Trefilov A.A., Ivanova I.E.
The Postgraduating Doctors’ Training Institute of the HealthCare Ministry of the Chuvash Republic, Municipal Children's Hospital № 3, Cheboksary, Russia
Introduction. Abnormalities of kidneys and urinary tract occupy from 10 to 35 % in structure of congenital anomalies and takes the fourth place after heart, nervous and musculoskeletal malformations. As of literature the dissemination of congenital pathology urinary system organ forms 0,5-7,5 on 1000 newborn. They are leading in the children physical inability and terminal nephritic insufficiency. Early detection renal malformations is possible during antenatal and postnatal ultrasonic screening.
In Chuvash we made mass ultrasound renal screening at children from 0 till 18 years in 2001-2004. In total 8333 children have been examined. High prevalence of congenital defects and small anomalies in all age groups of children, exceeding that in the next regions has been revealed. For the first time prevalence of anatomic variants nephritic malformations is studied, their features depending on ecobiogeochemical region of residing of the child are presented. The conducted research has served as a scientific base of necessity of ultrasonic screening in the first months of a life for revealing nephritic malformation.
In Russia the National project "Health" according to the order of Ministry of Health of the Russian Federation №307 at 2007.04.28 “About the standard supervision over the child of the first year of a life” had started obligatory abdominal and urologic ultrasonic examination at newborn children.
The purpose to analyse results of ultrasonic screening of kidneys at newborn and chest children to Cheboksary for 2 years.
Patients and methods. Ultrasonic research of kidneys on the device “My Lab 15” (Netherlands) with a set of multifrequency probes is conducted and its results at 2482 children (boys – 1244, girls – 1238) at the age of 1-3 months are analysed.

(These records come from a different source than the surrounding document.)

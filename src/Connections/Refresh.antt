-- ===== src/Connections/Refresh.antt =====
-- server/internal/connections/refresh.go, refreshlock.go, expired_event.go, scheduler.go, reconcile.go
-- and execution_access.go. The lock of refreshOnce makes each refresh one step, as every operation is
-- here; metrics are left out.
pub mod Outcome
pub mod Once
pub mod Expiry
use beecon.Base.{
  ℕ, suc, ◌+◌, ◌-◌, ◌*◌, ◌%◌, ◌^◌, String, Bool, true, false, not, ◌&&◌, ◌||◌, Option, none, some,
  List, [], ◌∷◌, ltb, leb, ◌==◌, str_eq, if◌then◌else◌,
}
use beecon.Base.Clock.{seconds_duration, add_duration}
use beecon.Base.Effects.{
  Result, ok, err, Exec, pure, fail, lift, check, or_fail, attempt, ◌>>=◌, ◌>>◌, for_each,
}
use beecon.Base.Effects.Ports.{Ticked, read, ask, call, query, update, advance, fails_if}
use beecon.Httpx.Errors.{Error, external}
use beecon.Connections.Types.{
  Connection, Status, active, expired, status_eq, mark_expired, refresh_tokens, mark_reconciled,
}
use beecon.Connections.Errors.{err_not_found}
use beecon.Connections.Memory.{
  find_by_id, update_connection, transition_status, claim_due_refresh, claim_due_reconcile, after,
}
use beecon.Connections.Ports.{
  Facade, Outside, World, Integration, ProviderDefinition, TokenExchangeResult, RefreshGrantRequest,
  Grant, granted, refresh_denied, transient, Probe, honored, unauthorized, unreachable, LogEntry,
  ExpiredReason, ExpiredEvent, denied, reconciliation_failed, on_repo, set_repo,
}

-- One hour.
abbrev default_token_ttl : ℕ
default_token_ttl = 3_600_000_000_000

unfoldable pub token_expiry_from : ℕ → ℕ → ℕ
token_expiry_from now seconds =
    if seconds == 0 then now + default_token_ttl else add_duration now (seconds_duration seconds)

abbrev past : ℕ → Option ℕ → Bool
past now none = true
past now (some t) = ltb t now

unfoldable pub needs_refresh : Connection → ℕ → Bool
needs_refresh c now = past now c.token_expires_at

unfoldable pub needs_proactive_refresh : Connection → ℕ → ℕ → Bool
needs_proactive_refresh c now lead = not (after (now + lead) c.token_expires_at)

unfoldable pub due_for_refresh : Connection → ℕ → ℕ → Bool
unfolding needs_refresh needs_proactive_refresh
due_for_refresh c now lead =
    if lead == 0 then needs_refresh c now else needs_proactive_refresh c now lead

abbrev pub status_of : {A : Type 0} → Result A → ℕ
status_of (ok _) = 200
status_of (err _) = 502

-- The recorder's own error is dropped. The clock is read for the duration.
unfoldable pub record_exchange : Facade → Connection → ℕ → Exec World (Unit {0})
record_exchange f c status =
    if f.has_recorder
    then (read f.now
        >> attempt (
            update f.fault (λ (o : Outside). record o {
              log =
                  record {
                    org_id = c.org_id;
                    user_id = c.user_id;
                    connection_id = c.id;
                    status = status;
                  }
                  ∷ o.log;
            }))
        >> pure tt)
    else pure tt

abbrev pub event_of : Connection → ExpiredReason → ExpiredEvent
event_of c reason = record {
  org_id = c.org_id;
  connection_id = c.id;
  user_id = c.user_id;
  integration_id = c.integration_id;
  provider_slug = c.provider_slug;
  reason = reason;
}

unfoldable pub emit_expired : Facade → Connection → ExpiredReason → Exec World (Unit {0})
emit_expired f c reason =
    if f.has_events
    then update f.fault
        (λ (o : Outside). record o { expired_events = event_of c reason ∷ o.expired_events })
    else pure tt

unfoldable pub expire_connection : Facade → Connection → ExpiredReason → Exec World Connection
expire_connection f c reason = do
  flipped ← call f.fault (on_repo (transition_status c.org_id c.id active expired))
  if flipped then emit_expired f (mark_expired c) reason else pure tt
  pure (mark_expired c)

unfoldable pub persist_connection : Facade → Connection → Exec World Connection
persist_connection f c = do update f.fault (set_repo (update_connection c)); pure c

unfoldable pub refresh_grant : Facade → Connection → RefreshGrantRequest → Exec World Grant
refresh_grant f c request w = (
  ok (f.refresh_grant w.tick request),
  record (advance w) { store = record w.store { grants = c.id ∷ w.store.grants } },
)

abbrev grant_status : Grant → ℕ
grant_status (granted _) = 200
grant_status (refresh_denied _) = 502
grant_status (transient _) = 502

-- A provider that does not rotate the refresh token sends none.
unfoldable pub rotated_refresh_token : Facade → Connection → String → Exec World String
rotated_refresh_token f c token =
    if str_eq token "" then pure c.encrypted_refresh_token else ask (λ tick. f.encrypt tick token)

unfoldable pub store_refreshed : Facade → Connection → TokenExchangeResult → Exec World Connection
store_refreshed f c result = do
  access ← ask (λ tick. f.encrypt tick result.access_token)
  refresh ← rotated_refresh_token f c result.refresh_token
  now ← read f.now
  persist_connection f (refresh_tokens access refresh (token_expiry_from now result.expires_in) c)

-- What follows a grant; the second and third case are handleRefreshFailure.
unfoldable pub after_grant : Facade → Connection → ExpiredReason → Grant → Exec World Connection
after_grant f c reason (granted result) = store_refreshed f c result
after_grant f c reason (refresh_denied code) = expire_connection f c reason
after_grant f c reason (transient e) = fail (external e)

unfoldable pub refresh_connection : Facade → Connection → ExpiredReason → Exec World Connection
refresh_connection f c reason = do
  integration ← ask (λ tick. f.get_integration tick c.integration_id)
  definition ← ask (λ tick. f.get_provider_definition tick c.provider_slug)
  refresh_token ← lift (f.decrypt c.encrypted_refresh_token)
  started ← read f.now
  grant ← refresh_grant f c (record {
    token_url = definition.token_url;
    client_id = integration.client_id;
    client_secret = integration.client_secret;
    refresh_token = refresh_token;
    credential_style = definition.credential_style;
  })
  record_exchange f c (grant_status grant)
  after_grant f c reason grant

pub record RefreshParams : Type 0 where
  pub force : Bool
  pub lead : ℕ
  pub denied_reason : ExpiredReason

-- refreshOnce for a connection that is ACTIVE: the clock is read unless the refresh is forced.
unfoldable pub refresh_active : Facade → RefreshParams → Connection → Exec World Connection
refresh_active f params c =
    if params.force
    then refresh_connection f c params.denied_reason
    else (read f.now >>= λ now.
        if due_for_refresh c now params.lead
        then refresh_connection f c params.denied_reason
        else pure c)

unfoldable pub refresh_once : Facade → ℕ → ℕ → RefreshParams → Exec World Connection
unfolding status_eq
refresh_once f org id params = do
  stored ← query f.fault (λ o. find_by_id org id o.repo)
  current ← or_fail err_not_found stored
  if status_eq current.status active then refresh_active f params current else pure current

-- 30 seconds.
abbrev pub refresh_lease_ttl : ℕ
refresh_lease_ttl = 30_000_000_000

abbrev pub refresh_claim_batch_limit : ℕ
refresh_claim_batch_limit = 50

-- A connection's failure is swallowed, to be tried again in a later scan.
unfoldable pub refresh_due_one : Facade → Connection → Exec World (Unit {0})
refresh_due_one f c = do
  attempt (
      refresh_once f c.org_id c.id
        (record { force = false; lead = f.refresh_lead; denied_reason = denied }))
  pure tt

unfoldable pub refresh_due_once : Facade → Exec World (Unit {0})
refresh_due_once f = do
  now ← read f.now
  due ←
      call f.fault
        (on_repo (claim_due_refresh now f.refresh_lead refresh_lease_ttl refresh_claim_batch_limit))
  for_each (refresh_due_one f) due

-- Two minutes.
abbrev pub reconcile_lease_ttl : ℕ
reconcile_lease_ttl = 120_000_000_000

abbrev pub reconcile_claim_batch_limit : ℕ
reconcile_claim_batch_limit = 50

unfoldable pub mark_connection_reconciled : Facade → Connection → Exec World (Unit {0})
mark_connection_reconciled f c = do
  now ← read f.now
  update f.fault (set_repo (update_connection (mark_reconciled now c)))

-- What a refresh that was forced by an unauthorized probe leads to, where it returns.
unfoldable pub after_revocation : Facade → Connection → Exec World (Unit {0})
unfolding status_eq
after_revocation f refreshed =
    if status_eq refreshed.status expired then pure tt else mark_connection_reconciled f refreshed

unfoldable pub reconcile_revocation : Facade → Connection → Exec World (Unit {0})
reconcile_revocation f c = do
  refreshed ←
      refresh_once f c.org_id c.id
        (record { force = true; lead = 0; denied_reason = reconciliation_failed })
  after_revocation f refreshed

unfoldable pub after_probe : Facade → Connection → Probe → Exec World (Unit {0})
after_probe f c honored = mark_connection_reconciled f c
after_probe f c unauthorized = reconcile_revocation f c
after_probe f c unreachable = pure tt

-- The errors in here are dropped where it is called.
unfoldable pub reconcile_one : Facade → Connection → Exec World (Unit {0})
reconcile_one f c = do
  definition ← ask (λ tick. f.get_provider_definition tick c.provider_slug)
  if str_eq definition.user_info_url ""
      then pure tt
      else (lift (f.decrypt c.encrypted_access_token) >>= λ access_token.
          read (λ tick. f.fetch_user_info tick definition.user_info_url access_token)
          >>= after_probe f c)

-- The pause before each connection but the first.
unfoldable pub reconcile_rest : Facade → Connection → Exec World (Unit {0})
reconcile_rest f c = do
  pause ← read f.spacing
  ask (λ tick. f.sleep tick pause)
  attempt (reconcile_one f c)
  pure tt

unfoldable pub reconcile_batch : Facade → List Connection → Exec World (Unit {0})
reconcile_batch f [] = pure tt
reconcile_batch f (c ∷ cs) = attempt (reconcile_one f c) >> for_each (reconcile_rest f) cs

unfoldable pub reconcile_once : Facade → Exec World (Unit {0})
reconcile_once f = do
  now ← read f.now
  due ← call f.fault (
      on_repo (
        claim_due_reconcile now f.reconcile_interval reconcile_lease_ttl
          reconcile_claim_batch_limit))
  reconcile_batch f due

Results. 286.1‰ of children had pathological renal conditions. At the analysis of prevalence of congenital variants following laws are revealed. Congenital defects are met at 168 kids (70.9 ‰). Among boys frequency of detectability of congenital defects was more than among girls (80.3 and 59.7 ‰ accordingly, р <0.05). 143 children (57.6 ‰) had isolated defects, 32 children (12.9 ‰) had combination of congenital defects and small anomalies.
Small renal anomalies (pyelectasia, rotation, separation pelvis by a hypertrophic Bertin column, a syndrome of Fraily) are diagnosed at 461 (185.7‰) children. 2 babes had renal cyst.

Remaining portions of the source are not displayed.